Dentro do possível, o IM está a gerir bem a informação que vai até ao público, com alertas com relativa antecedência, e até com comunicados à imprensa. Terá algumas pequenas falhas, mas como sabem na meteorologia ainda não se pode ter previsão a 100%, nem mesmo a poucas horas do evento. 
Recordo para os mais distraidos:
O IM tem várias secções com informações importantes sobre este sistema depressionário:
Previsão descritiva: http://www.meteo.pt/pt/previsao/previsaoTextual.jsp
Alertas: http://www.meteo.pt/pt/previsao/SAM/sam.jsp
Previsão por mapa e icons: http://www.meteo.pt/pt/previsao/previsaoGeral.jsp
Por cidades: http://www.meteo.pt/pt/previsao/prev...ralSimples.jsp


----------



## miguel (19 Abr 2008 às 00:07)

Termino o dia com *8,4mm* 
11,9ºC
91%HR
1002,2hpa
Chuva fraca


----------



## Sam (19 Abr 2008 às 00:11)

Boa noite!! Por aqui começou a chover. No freemeteo para esta manhã de sábado tem previsão de chuva e possibildade de forte tempestade com trovoada.. Será assim tão forte?? 
Obrigada


----------



## GranNevada (19 Abr 2008 às 00:24)

Actualização :

Dia 7 - 27.4 mm.
Dia 8 - 33.0 mm.
Dia 9 - 23.9 mm.
Dia 10 - 15.2 mm.
Dia 12 - 8.1 mm.
Dia 13 - 3.0 mm.
Dia 16 - 21.8 mm.
Dia 17 - 37.6 mm.
Dia 18 - 17.8 mm.

Rajada Máxima - 85 Km/h no início do período
Pressão mínima - 987.8 Hpa

Às 17 h. na zona da Escola Alberto Sampaio , 10 minutos de intensa granizada . Não vi , mas viu a minha mulher ...


----------



## StormFairy (19 Abr 2008 às 00:32)

Tudo calmo por aqui

Vento fraco Rajada de 19.3 Km
Pressão 1001.3 hpa com tendência a descer
Temperatura 11.6ºC
As ultimas 3 horas de precipitação renderam 3.4mm


----------



## ajrebelo (19 Abr 2008 às 01:34)

boas

bem pessoal toca a acordar 





abraços


----------



## kikofra (19 Abr 2008 às 01:49)

vem la algo interresante?


----------



## dgstorm (19 Abr 2008 às 01:49)

ajrebelo disse:


> boas
> 
> bem pessoal toca a acordar
> 
> ...



ja tinha reparado nisso ! 
Isso chega ca cima ?


----------



## Minho (19 Abr 2008 às 01:55)

Um pequeno aparte... reparem como se pode ver uma materialização do Jetstream sobre o norte de África sob a forma de nebulosidade.

*Animação Satelite*









*Ventos a 300hPa *


----------



## AnDré (19 Abr 2008 às 02:15)

Por aqui chove com muita intensidade há já alguns minutos. Na estrada já corre uma boa quantidade de água. 
Dados quantitativos disso é que está escasso. O pluviometro deixou de dar sinal de vez. Enfim...

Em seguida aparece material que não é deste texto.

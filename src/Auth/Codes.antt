-- ===== src/Auth/Codes.antt =====
-- A code that was issued is the only one of its purpose that its user can use, once, and within five
-- attempts.
use make_we_bet.Prelude.{
  ℕ, suc, ◌+◌, ◌≤◌, ◌≡◌, refl, ap, leb→le, true, false, List, [], ◌∷◌, All, arith, ==_refl, inl,
  inr, Bool-cases, leb, ltb, ◌==◌, length,
}
use make_we_bet.Errors.{ok, err, otp_invalid, otp_locked}
use make_we_bet.Database.{OtpPurpose, OtpCode, Db}
use make_we_bet.Auth.Otp.{
  otp_ttl_ms, max_attempts, is_live_code, new_code, persist, issue_code, consume,
}
use make_we_bet.Auth.Live.{
  NoneOf, IsOnly, newest-NoneOf, newest-IsOnly, insert-IsOnly, insert-NoneOf, consumed_is_dead,
  new_code_is_live, superseding-IsOnly,
}

le→leb : {n : ℕ} → 5 ≤ n → leb max_attempts n ≡ true
le→leb h = ground arith

not_le→leb : {n : ℕ} → n ≤ 4 → leb max_attempts n ≡ false
not_le→leb h = ground arith

-- The new code after this many wrong values.
abbrev code_after : ℕ → ℕ → OtpPurpose → ℕ → ℕ → OtpCode
code_after now user purpose h n = record (new_code now user purpose h) { attempts = n }

module _ (hash : ℕ → ℕ) (issued user : ℕ) (purpose : OtpPurpose) (code : ℕ) where
  -- The code is the user's only one, after this many wrong values.
  HasCode : ℕ → Db → Type 0
  HasCode n db =
      (id : ℕ) × IsOnly (is_live_code user purpose) id
        (code_after issued user purpose (hash code) n) db.otp_codes

  issue_code-HasCode : (db : Db) → HasCode 0 (issue_code hash issued user purpose code db).1
  unfolding HasCode issue_code persist
  issue_code-HasCode db = superseding-IsOnly issued user purpose (hash code) db.otp_codes

  -- Not past its time.
  abbrev pub IsInTime : ℕ → Type 0
  IsInTime now = now ≤ issued + otp_ttl_ms

  in_time : (now : ℕ) → IsInTime now → ltb (issued + otp_ttl_ms) now ≡ false
  in_time now h = ground arith

  consume_locked :
      (now value n : ℕ) (db : Db)
      → HasCode n db
      → IsInTime now
      → 5 ≤ n
      → consume hash now user purpose value db ≡ (err otp_locked, db)
  unfolding HasCode consume
  consume_locked now value n db (id, o) t five =
      rw (newest-IsOnly o, in_time now t, le→leb five) refl

  consume_wrong :
      (now value n : ℕ) (db : Db)
      → HasCode n db
      → IsInTime now
      → n ≤ 4
      → (hash code == hash value) ≡ false
      → ((consume hash now user purpose value db).0 ≡ err otp_invalid)
        × HasCode (suc n) (consume hash now user purpose value db).1
  unfolding HasCode consume
  consume_wrong now value n db (id, o) t four wrong =
      rw (newest-IsOnly o, in_time now t, not_le→leb four, wrong)
        (refl, (id, insert-IsOnly (new_code_is_live issued user purpose (hash code)) o))

  consume_right :
      (now n : ℕ) (db : Db)
      → HasCode n db
      → IsInTime now
      → n ≤ 4
      → ((consume hash now user purpose code db).0 ≡ ok tt)
        × NoneOf (is_live_code user purpose) (consume hash now user purpose code db).1.otp_codes
  unfolding HasCode consume
  consume_right now n db (id, o) t four =
      rw (newest-IsOnly o, in_time now t, not_le→leb four, ==_refl (hash code))
        (
          refl,
          insert-NoneOf _
              (consumed_is_dead now user purpose (code_after issued user purpose (hash code) n)) o,
        )

  consume_none :
      (now value : ℕ) (db : Db)
      → NoneOf (is_live_code user purpose) db.otp_codes
      → consume hash now user purpose value db ≡ (err otp_invalid, db)
  unfolding consume
  consume_none now value db n = rw (newest-NoneOf _ db.otp_codes n) refl

  -- The tables after each of these times and values has been tried.
  abbrev pub tried : List (ℕ × ℕ) → Db → Db
  tried [] db = db
  tried ((now, value) ∷ rest) db = tried rest (consume hash now user purpose value db).1

  -- A wrong value, before the code expires.
  abbrev pub IsWrongGuess : ℕ × ℕ → Type 0
  IsWrongGuess (now, value) = IsInTime now × ((hash code == hash value) ≡ false)

  tried-HasCode :
      (n : ℕ) (guesses : List (ℕ × ℕ)) (db : Db)
      → HasCode n db
      → All IsWrongGuess guesses
      → 5 ≤ n + length guesses
      → (m : ℕ) × (5 ≤ m) × HasCode m (tried guesses db)
  tried-HasCode n [] db c ws five = (n, omega (arith, five), c)
  tried-HasCode n ((now, value) ∷ rest) db c ((t, wrong), ws) five = elim (Bool-cases (leb 5 n)) [
    | inl e ↦
        rw (consume_locked now value n db c t (leb→le 5 n e))
          (tried-HasCode n rest db c ws (omega (arith, leb→le 5 n e)))
    | inr e ↦
        let (_, c') = consume_wrong now value n db c t (ground arith) wrong in
        tried-HasCode (suc n) rest _ c' ws (omega (arith, five))
  ]

  -- Once five or more wrong values have been tried against a code, every further one is refused as
  -- locked until the code expires, the right one too.
  pub issue_code-tried-consume :
      (db : Db) (guesses : List (ℕ × ℕ)) (now value : ℕ)
      → All IsWrongGuess guesses
      → 5 ≤ length guesses
      → IsInTime now
      → (consume hash now user purpose value
          (tried guesses (issue_code hash issued user purpose code db).1)).0
        ≡ err otp_locked
  issue_code-tried-consume db guesses now value ws five t =
      let (m, le, c) = tried-HasCode 0 guesses _ (issue_code-HasCode db) ws (omega (arith, five)) in
      ap (λ r. r.0) (consume_locked now value m _ c t le)

  -- The code that was issued is accepted until it expires, whatever codes there were before; after
  -- that no value is, until another code is issued.
  pub issue_code-consume :
      (db : Db) (now : ℕ)
      → IsInTime now
      → let after =
          consume hash now user purpose code (issue_code hash issued user purpose code db).1 in
        (after.0 ≡ ok tt)
        × ((next value : ℕ)
            → consume hash next user purpose value after.1 ≡ (err otp_invalid, after.1))
  issue_code-consume db now t =
      let (e, n) = consume_right now 0 _ (issue_code-HasCode db) t (omega arith) in
      (e, λ next value. consume_none next value _ n)

-- A new code of one user and purpose replaces the one before it: until the new one expires, the old
-- one is refused, if the two do not have the same hash.
pub issue_code-issue_code-consume :
    (hash : ℕ → ℕ) (first second now user : ℕ) (purpose : OtpPurpose) (old new : ℕ) (db : Db)
    → (hash new == hash old) ≡ false
    → now ≤ second + otp_ttl_ms
    → (consume hash now user purpose old
        (issue_code hash second user purpose new (issue_code hash first user purpose old db).1).1).0
      ≡ err otp_invalid
issue_code-issue_code-consume hash first second now user purpose old new db wrong t =
    (consume_wrong hash second user purpose new now old 0 _
      (issue_code-HasCode hash second user purpose new _) t (omega arith) wrong).0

O vento está a aumentar gradualmente de velocidade. Sopra agora moderado, temperariamente forte.
Trovoadas até agora nada.


----------



## criz0r (19 Abr 2008 às 02:29)

bem aqui neste momento nada de anormal..uma chuva fraca com vento moderado de oeste


----------



## Turista (19 Abr 2008 às 02:47)

Alguma fotos do dia de hoje (sem grande qualidade pois foram tiradas com o meu Qtek)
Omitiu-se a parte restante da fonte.